We should acknowledge that it is not possible to make an accurate estimate of the case fatality rates due to the underreporting of cases diagnosed in official statistics [11]. Nonetheless, the estimation and monitoring of the case fatality rates monitoring are of especial interest in the current epidemic scenario.
Infection time
Infection time, estimating the incubation period for COVID-19 between the interval of exposure to SARS-CoV-2 and the date of diagnosis is computed following the approach of Lauer et al. [12], who have recently analyzed the incubation period for COVID-19 in a cohort of symptomatic patients. For each patient, they collected the interval of exposure to SARS-CoV-2 and the date of appearance of symptoms. They assumed that the incubation time would follow, as in other viral respiratory tract infections, a Lognormal distribution.
$$ Lognormal\left( mu,{sigma}^2\right)= Lognormal\left(1.621,0.418\right) $$
We have replicated this distribution in the group of diagnosed cases to approximate the date of exposure to SARS-CoV-2 recursively:
$$ q(i)=\sum \limits_{j=1}^{14}P(j)\times {c}_{j+i} $$
where p is the number of diagnosed cases on a day i; q is the number of infected cases on day i-j; j = 1, 2, …, 14 is the maximum time it is expected that the disease can develop; and P(j) is the probability of presenting symptoms on day j according to a Lognormal probability distribution with the parameters defined by Lauer et al. [12]

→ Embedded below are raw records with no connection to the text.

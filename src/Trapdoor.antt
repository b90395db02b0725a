-- ===== src/Trapdoor.antt =====
-- The crate `trapdoor-matrices`.
pub mod Error
pub mod Permutation
pub mod Sampling
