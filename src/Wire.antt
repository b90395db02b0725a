-- ===== src/Wire.antt =====
-- The wire protocol of `emvp-network`.
pub mod Error
pub mod Stream
pub mod Frame
pub mod Plan
pub mod Upload
pub mod Evaluate
pub mod Products
pub mod Messages
pub mod Handshake
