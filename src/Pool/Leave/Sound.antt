-- ===== src/Pool/Leave/Sound.antt =====
-- The ledger under RetireAccount of repository.go.
use mathlib.Core.Bool.{false≢true}
use gptshare.Base.{
  ℕ, ◌+◌, ◌<◌, ◌≡◌, refl, sym, subst, ◌≢◌, true, false, Option, none, some, List, [], ◌∷◌, ◌==◌,
  length, All, All-both, All-map, All-update, ◌≤◌, ◌∙◌, update_where, count_where, exists_where,
  arith, Bool-cases, inl, inr,
}
use gptshare.Pool.Types.{
  Account, Db, Result, ok, err, no_rows, or_fail, or_fail-eq-ok, guard,
  account_replacement_unavailable, >>=-eq-ok, ok-injective,
}
use gptshare.Pool.Tables.{occupancy, can_reserve, is_primary}
use gptshare.Pool.Candidate.{select_card_candidate}
use gptshare.Pool.Candidate.Other.{select-other}
use gptshare.Pool.Seats.{reserve_account_capacity, insert_allocation, update_one}
use gptshare.Pool.Retire.{archive_row}
use gptshare.Pool.Leave.{
  Leaving, Tally, close_primary, effective_primary, unavailable, log_retired, move_away,
  retire_moved, retire_seat, counted, retire_seats, in_service, archive_account, leaving,
  retire_account,
}
use gptshare.Pool.Leave.Items.{Apart, HasCards, leaving-Listed}
use gptshare.Pool.Leave.Loop.{
  Round, close_seat-Round, close_primary-Round, taken-Round, logged-Round,
}
use gptshare.Pool.Ledger.Rows.{Distinct, Distinct-update}
use gptshare.Pool.Books.Defs.{Books-same, IsSound, nothing}
use gptshare.Pool.Books.Seats.{take, take-eq}

-- A call that succeeds leaves the state of the next round.
abbrev Goes : ℕ → List Leaving → Result Db → Type 0
Goes k items m = (after : Db) → m ≡ ok after → Round k items after

unavailable-eq-ok {ℓ} : {A : Type ℓ} (m : Result A) {x : A} → unavailable m ≡ ok x → m ≡ ok x
unavailable-eq-ok (ok y) h = h
unavailable-eq-ok (err e) h = cc

module _ (now k : ℕ) (pos : 0 < k) (item : Leaving) (items : List Leaving)
    (apart : All (λ j. j.id ≢ item.id) items) where
  move_away-Goes :
      (expires : ℕ) (db : Db)
      → is_primary item.state ≡ true
      → Round k (item ∷ items) db
      → Goes k items (move_away now k item expires db)
  unfolding move_away reserve_account_capacity
  move_away-Goes expires db primary r after h =
      let (next, found, h1) =
        >>=-eq-ok
          (or_fail (select_card_candidate now expires true k item.card_id false db)
            account_replacement_unavailable)
          _ h in
      let closed = close_primary now item db in
      let (reserved, seat, h2) =
        >>=-eq-ok (unavailable (update_one (can_reserve next.id now) now closed)) _ h1 in
      let (inserted, row, h3) =
        >>=-eq-ok (insert_allocation item.card_id next.id now item.valid_until reserved) _ h2 in
      let both : take (can_reserve next.id now) item.card_id next.id now item.valid_until closed
          ≡ ok inserted =
        rw (unavailable-eq-ok (update_one (can_reserve next.id now) now closed) seat) row in
      let (one, fresh, e) =
        take-eq (can_reserve next.id now) item.card_id next.id now item.valid_until closed both in
      let other =
        select-other now expires true k item.card_id false db next pos r.books.distinct
          (or_fail-eq-ok _ account_replacement_unavailable found) in
      let start = close_primary-Round now k item items db primary apart r in
      let seated =
        taken-Round k now next.id item.card_id item.valid_until items closed other one fresh
          start in
      subst (Round k items) (ok-injective h3) (
        subst (λ (q : Db × ℕ). Round k items (log_retired now k item next q.1 q.0)) (sym e)
          (logged-Round now k item next _ items _ seated))

  retire_moved-Goes :
      (expires : Option ℕ) (db : Db)
      → is_primary item.state ≡ true
      → Round k (item ∷ items) db
      → Goes k items (retire_moved now k item expires db)
  retire_moved-Goes none db primary r after h =
      subst (Round k items) (ok-injective h) (close_seat-Round now k item items db apart r)
  retire_moved-Goes (some t) db primary r after h = move_away-Goes t db primary r after h

  retire_seat-Goes :
      (db : Db) → Round k (item ∷ items) db → Goes k items (retire_seat now k item db)
  unfolding retire_seat effective_primary
  retire_seat-Goes db r after h = elim (Bool-cases (effective_primary now item)) [
    | inl e ↦ retire_moved-Goes item.card_expires_at db (ground arith) r after (rw e at h)
    | inr e ↦
        subst (Round k items) (ok-injective (rw e at h))
          (close_seat-Round now k item items db apart r)
  ]

counted-total :
    (now : ℕ) (item : Leaving) (t : Tally)
    → (counted now item t).replaced + (counted now item t).closed ≡ t.replaced + t.closed + 1
counted-total now item t = elim (Bool-cases (effective_primary now item)) [
  | inl e ↦ rw e (omega arith)
  | inr e ↦ rw e (omega arith)
]

retire_seats-Round :
    (now k : ℕ) (items : List Leaving) (s : Db × Tally) {r : Db × Tally}
    → 0 < k
    → Apart items
    → Round k items s.0
    → retire_seats now k items s ≡ ok r
    → Round k [] r.0 × (r.1.replaced + r.1.closed ≡ s.1.replaced + s.1.closed + length items)
unfolding retire_seats
retire_seats-Round now k [] s pos apart r h =
    subst
      (λ (q : Db × Tally).
        Round k [] q.0 × (q.1.replaced + q.1.closed ≡ s.1.replaced + s.1.closed + 0))
      (ok-injective h) (r, omega arith)
retire_seats-Round now k (item ∷ items) s pos apart r h =
    let (next, went, h1) = >>=-eq-ok (retire_seat now k item s.0) _ h in
    let step = retire_seat-Goes now k pos item items apart.0 s.0 r next went in
    let (end, total) =
      retire_seats-Round now k items (next, counted now item s.1) pos apart.1 step h1 in
    (end, omega (arith, total, counted-total now item s.1))

absent :
    (k : ℕ) (rows : List Account) → All (λ b. b.id ≢ k) rows → count_where (in_service k) rows ≡ 0
absent k [] h = refl
absent k (a ∷ rows) h = ground (arith, h.0, absent k rows h.1)

-- The account in service is the only row of its id.
serving :
    (k : ℕ) (rows : List Account)
    → Distinct rows
    → count_where (in_service k) rows ≡ 1
    → All (λ a. a.id ≡ k → in_service k a ≡ true) rows
serving k [] d h = tt
serving k (a ∷ rows) d h = elim (Bool-cases (in_service k a)) [
  | inl e ↦ (
    λ _. e,
    All-map (λ b. b.id ≢ a.id) _ (λ b other same. absurd (other (ground arith))) rows d.0,
  )
  | inr e ↦ (
    λ same. absurd (ground (arith, absent k rows (subst (λ i. All (λ b. b.id ≢ i) rows) same d.0))),
    serving k rows d.1 (ground arith),
  )
]

archive-books :
    (now k : ℕ) (db : Db)
    → count_where (in_service k) db.accounts ≡ 1
    → Round k [] db
    → IsSound (record db { accounts = update_where (in_service k) (archive_row now) db.accounts })
archive-books now k db one r =
    let due : Account → Type 0 =
      λ a. a.current_allocations ≡ occupancy a.id db.allocations + r.excess a.id in
    let known =
      All-both (λ a. a.id ≡ k → in_service k a ≡ true) due
        (λ a. (a.id ≡ k → in_service k a ≡ true) × due a) (λ a s o. (s, o)) db.accounts
        (serving k db.accounts r.books.distinct one) r.books.owed in
    record {
      distinct =
          Distinct-update (in_service k) (archive_row now) (λ a. refl) db.accounts r.books.distinct;
      owed =
          All-update (in_service k) (archive_row now)
            (λ a. (a.id ≡ k → in_service k a ≡ true) × due a)
            (λ a. a.current_allocations ≡ occupancy a.id db.allocations + 0) (λ a e q. vacated a e)
            (λ a e q. unchanged a e q.0 q.1) db.accounts known;
      within =
          All-update (in_service k) (archive_row now)
            (λ a. a.current_allocations ≤ a.max_concurrent_users)
            (λ a. a.current_allocations ≤ a.max_concurrent_users) (λ a e h. omega arith)
            (λ a e h. h) db.accounts r.books.within;
      ordered = r.books.ordered;
      one_primary = r.books.one_primary;
    }
  where
    vacated : (a : Account) → in_service k a ≡ true → 0 ≡ occupancy a.id db.allocations + 0
    vacated a e = let same : a.id ≡ k = ground arith in rw same (omega (arith, r.count))

    unchanged :
        (a : Account)
        → in_service k a ≡ false
        → (a.id ≡ k → in_service k a ≡ true)
        → a.current_allocations ≡ occupancy a.id db.allocations + r.excess a.id
        → a.current_allocations ≡ occupancy a.id db.allocations + 0
    unchanged a e served o =
        omega (arith, o, r.only a.id (λ same. absurd (false≢true (sym e ∙ served same))))

archive-facts :
    (now k : ℕ) (db : Db) {after : Db}
    → Round k [] db
    → archive_account now k db ≡ ok after
    → IsSound after × (occupancy k after.allocations ≡ 0)
unfolding archive_account
archive-facts now k db {after} r h =
    elim (Bool-cases (count_where (in_service k) db.accounts == 1)) [
      | inl e ↦
          (let one : count_where (in_service k) db.accounts ≡ 1 = ground arith in
            let sound =
              Books-same nothing
                (record db { accounts = update_where (in_service k) (archive_row now) db.accounts })
                _ refl refl refl (archive-books now k db one r) in
            subst (λ (q : Db). IsSound q × (occupancy k q.allocations ≡ 0))
              (ok-injective (rw e at h)) (sound, r.count))
      | inr e ↦ (let refused : ◌≡◌ {A = Result Db} (err no_rows) (ok after) = rw e at h in cc)
    ]

-- On a sound database whose allocations all have a card, the retirement of an account that succeeds
-- keeps the database sound, leaves the account without a seat, and reports as moved or closed as
-- many seats as the account had.
pub retire_account-Vacated :
    (now k : ℕ) (db : Db) {r : Db × Tally}
    → 0 < k
    → HasCards db.cards db.allocations
    → IsSound db
    → retire_account now k db ≡ ok r
    → IsSound r.0
      × (occupancy k r.0.allocations ≡ 0)
      × (r.1.replaced + r.1.closed ≡ occupancy k db.allocations)
unfolding retire_account
retire_account-Vacated now k db pos cards b h =
    let items = leaving k db.cards db.allocations in
    let start : Db × Tally = (db, record { replaced = 0; closed = 0 }) in
    let l = leaving-Listed k db.cards db.next_allocation db.allocations b.ordered cards in
    let first : Round k items db = record {
      excess = nothing;
      only = λ i _. refl;
      books = b;
      waits = l.waits;
      count = l.count;
    } in
    let (u, g, h1) = >>=-eq-ok (guard (exists_where (in_service k) db.accounts) no_rows) _ h in
    let (moved, m, h2) = >>=-eq-ok (retire_seats now k items start) _ h1 in
    let (archived, a, h3) = >>=-eq-ok (archive_account now k moved.0) _ h2 in
    let (round, total) = retire_seats-Round now k items start pos l.apart first m in
    let (sound, empty) = archive-facts now k moved.0 round a in
    subst
      (λ (q : Db × Tally).
        IsSound q.0
        × (occupancy k q.0.allocations ≡ 0)
        × (q.1.replaced + q.1.closed ≡ occupancy k db.allocations))
      (ok-injective h3) (sound, empty, omega (arith, total, l.count))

To estimate the last 14 days, since the information on the diagnosed cases was not available for the forthcoming days, a fourth-degree polynomial model was used to project diagnosed cases. These latest estimates are displayed in the application with a different color.
Basic reproduction number
The basic reproduction number (R0) is the average number of secondary cases of disease caused by a single infected individual over his or her infectious period [13]. This statistic, which is time and situation-specific, is commonly used to characterize pathogen transmissibility during an epidemic. The monitoring of R0 over time provides feedback on the effectiveness of interventions and on the need to intensify control efforts. The goal of control efforts is to reduce the R0 below the threshold value of 1 and as close to 0 as possible to control the epidemic. Here, we used the R package EpiEstim to estimate the basic reproduction number through the Wallinga and Teunis method [13], which assumes a gamma distribution for the serial interval. The serial interval is the time between the onset of symptoms in a primary case and the onset of symptoms of secondary cases, which is needed to estimate R0 throughout the epidemic. The mean and standard deviation of the serial interval distribution can vary depending on the disease [13]. Recently, Nishiura et al. [14] estimated a mean and standard deviation for the COVID-19 serial interval distribution of 4.7 and 2.9 days, respectively, being these the values we are using in our analysis for the gamma a priori distribution.
The goodness of fit of estimated models is evaluated to provide a better fit of the data during the epidemic. A deviance analysis is performed to compare the model’s fit. Moreover, to quantify the model error Poisson overdispersion parameter, the sum of Pearson’s residuals and deviances are shown.